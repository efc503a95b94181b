-- ===== src/Store/Audit.antt =====
-- What GetJobHistory shows of the audit trail (internal/store/postgres.go).
use distributed_task_schedul.Prelude.{
  Option, List, String, Bool, ℕ, true, false, some, ◌≡◌, ◌||◌, ℤ, none, ◌∷◌, ◌≤◌, [], map, arith,
  pos, take, refl, Bool-cases, drop, inl, inr, length, ◌∙◌, length-take-le,
}
use distributed_task_schedul.Store.Tables.{Entry, Postgres, Tables, history_of}
use distributed_task_schedul.Store.History.{
  JobHistory, scan_history, collect_history, history_limit, get_job_history,
}
use distributed_task_schedul.Errors.{ok, Error, err, wrap}

abbrev is_null : Option String → Bool
is_null none = true
is_null (some s) = false

-- Some entry has no worker or no message.
abbrev pub has_null : List Entry → Bool
has_null [] = false
has_null (e ∷ es) = is_null e.worker_id || is_null e.error_message || has_null es

-- The entry that is shown for a row.
abbrev text_in : Option String → String
text_in none = ""
text_in (some s) = s

abbrev pub shown : Entry → JobHistory
shown e = record {
  job_id = e.job_id;
  old_status = some e.old_status;
  new_status = e.new_status;
  worker_id = text_in e.worker_id;
  error_message = text_in e.error_message;
  retry_count = e.retry_count;
  scheduled_at = e.scheduled_at;
  created_at = e.created_at;
}

module _ (d : Postgres) where
  scan_text-is_null :
      (o : Option String)
      → (is_null o ≡ false → d.scan_text o ≡ ok (text_in o))
        × (is_null o ≡ true → (x : Error) × (d.scan_text o ≡ err x))
  scan_text-is_null none = (λ h. cc, λ h. d.scan_text-none)
  scan_text-is_null (some s) = (λ h. d.scan_text-some s, λ h. cc)

  scan_history-shown :
      (e : Entry)
      → is_null e.worker_id ≡ false
      → is_null e.error_message ≡ false
      → scan_history d e ≡ ok (shown e)
  unfolding scan_history
  scan_history-shown e w m =
      let worker = (scan_text-is_null e.worker_id).0 w in
      let message = (scan_text-is_null e.error_message).0 m in rw (worker, message) refl

  scan_history-null :
      (e : Entry)
      → (is_null e.worker_id || is_null e.error_message) ≡ true
      → (x : Error) × (scan_history d e ≡ err x)
  unfolding scan_history
  scan_history-null e h = elim (Bool-cases (is_null e.worker_id)) [
    | inl w ↦ let (x, n) = (scan_text-is_null e.worker_id).1 w in (x, rw n refl)
    | inr w ↦
        let worker = (scan_text-is_null e.worker_id).0 w in
        let (x, n) = (scan_text-is_null e.error_message).1 (ground (arith, h, w)) in
        (x, rw (worker, n) refl)
  ]

  collect-shown : (es : List Entry) → has_null es ≡ false → collect_history d es ≡ ok (map shown es)
  unfolding collect_history
  collect-shown [] h = refl
  collect-shown (e ∷ es) h =
      let first = scan_history-shown e (ground arith) (ground arith) in
      rw (first, collect-shown es (ground arith)) refl

  collect-null :
      (es : List Entry) → has_null es ≡ true → (x : Error) × (collect_history d es ≡ err x)
  unfolding collect_history
  collect-null [] h = cc
  collect-null (e ∷ es) h = elim (Bool-cases (is_null e.worker_id || is_null e.error_message)) [
    | inl n ↦ let (x, f) = scan_history-null e n in (wrap "scan history" x, rw f refl)
    | inr n ↦
        let first = scan_history-shown e (ground arith) (ground arith) in
        let (x, f) = collect-null es (ground arith) in (x, rw (first, f) refl)
  ]

  history_limit_bounds : (limit : ℤ) → (1 ≤ history_limit limit) × (history_limit limit ≤ 1000)
  unfolding history_limit
  history_limit_bounds limit = (ground arith, ground arith)

  get_job_history-run :
      (order : List Entry → List Entry) (id : ℕ) (limit : ℤ) (offset : ℕ) (t : Tables)
      → get_job_history d order none id limit (pos offset) t
        ≡ collect_history d
            (take (history_limit limit) (drop offset (order (history_of id t.history))))
  unfolding get_job_history
  get_job_history-run order id limit offset t = ground arith

  -- GetJobHistory shows the entries of the job from the offset on, in its order, between one and a thousand of them at most, if each has a worker and a message; a single entry of the page without a worker or a message makes it fail.
  pub get_job_history-page :
      (order : List Entry → List Entry) (id : ℕ) (limit : ℤ) (offset : ℕ) (t : Tables)
      → let page = take (history_limit limit) (drop offset (order (history_of id t.history))) in
        let answer = get_job_history d order none id limit (pos offset) t in
        (has_null page ≡ false → answer ≡ ok (map shown page))
        × (has_null page ≡ true → (x : Error) × (answer ≡ err x))
        × (1 ≤ history_limit limit)
        × (history_limit limit ≤ 1000)
        × (length page ≤ history_limit limit)
  get_job_history-page order id limit offset t =
      let rest = drop offset (order (history_of id t.history)) in
      let page = take (history_limit limit) rest in
      let run = get_job_history-run order id limit offset t in
      (
        λ h. run ∙ collect-shown page h,
        λ h. let (x, e) = collect-null page h in (x, run ∙ e),
        (history_limit_bounds limit).0,
        (history_limit_bounds limit).1,
        length-take-le (history_limit limit) rest,
      )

┄┄┄┄┄┄

The lines above from the one with "history_limit_bounds : (limit" through the one with "unfolding get_job_history" are to be duplicated exactly, ends included, with nothing added.

TASK SOLUTION —
  history_limit_bounds : (limit : ℤ) → (1 ≤ history_limit limit) × (history_limit limit ≤ 1000)
  unfolding history_limit
  history_limit_bounds limit = (ground arith, ground arith)

  get_job_history-run :
      (order : List Entry → List Entry) (id : ℕ) (limit : ℤ) (offset : ℕ) (t : Tables)
      → get_job_history d order none id limit (pos offset) t
        ≡ collect_history d
            (take (history_limit limit) (drop offset (order (history_of id t.history))))
  unfolding get_job_history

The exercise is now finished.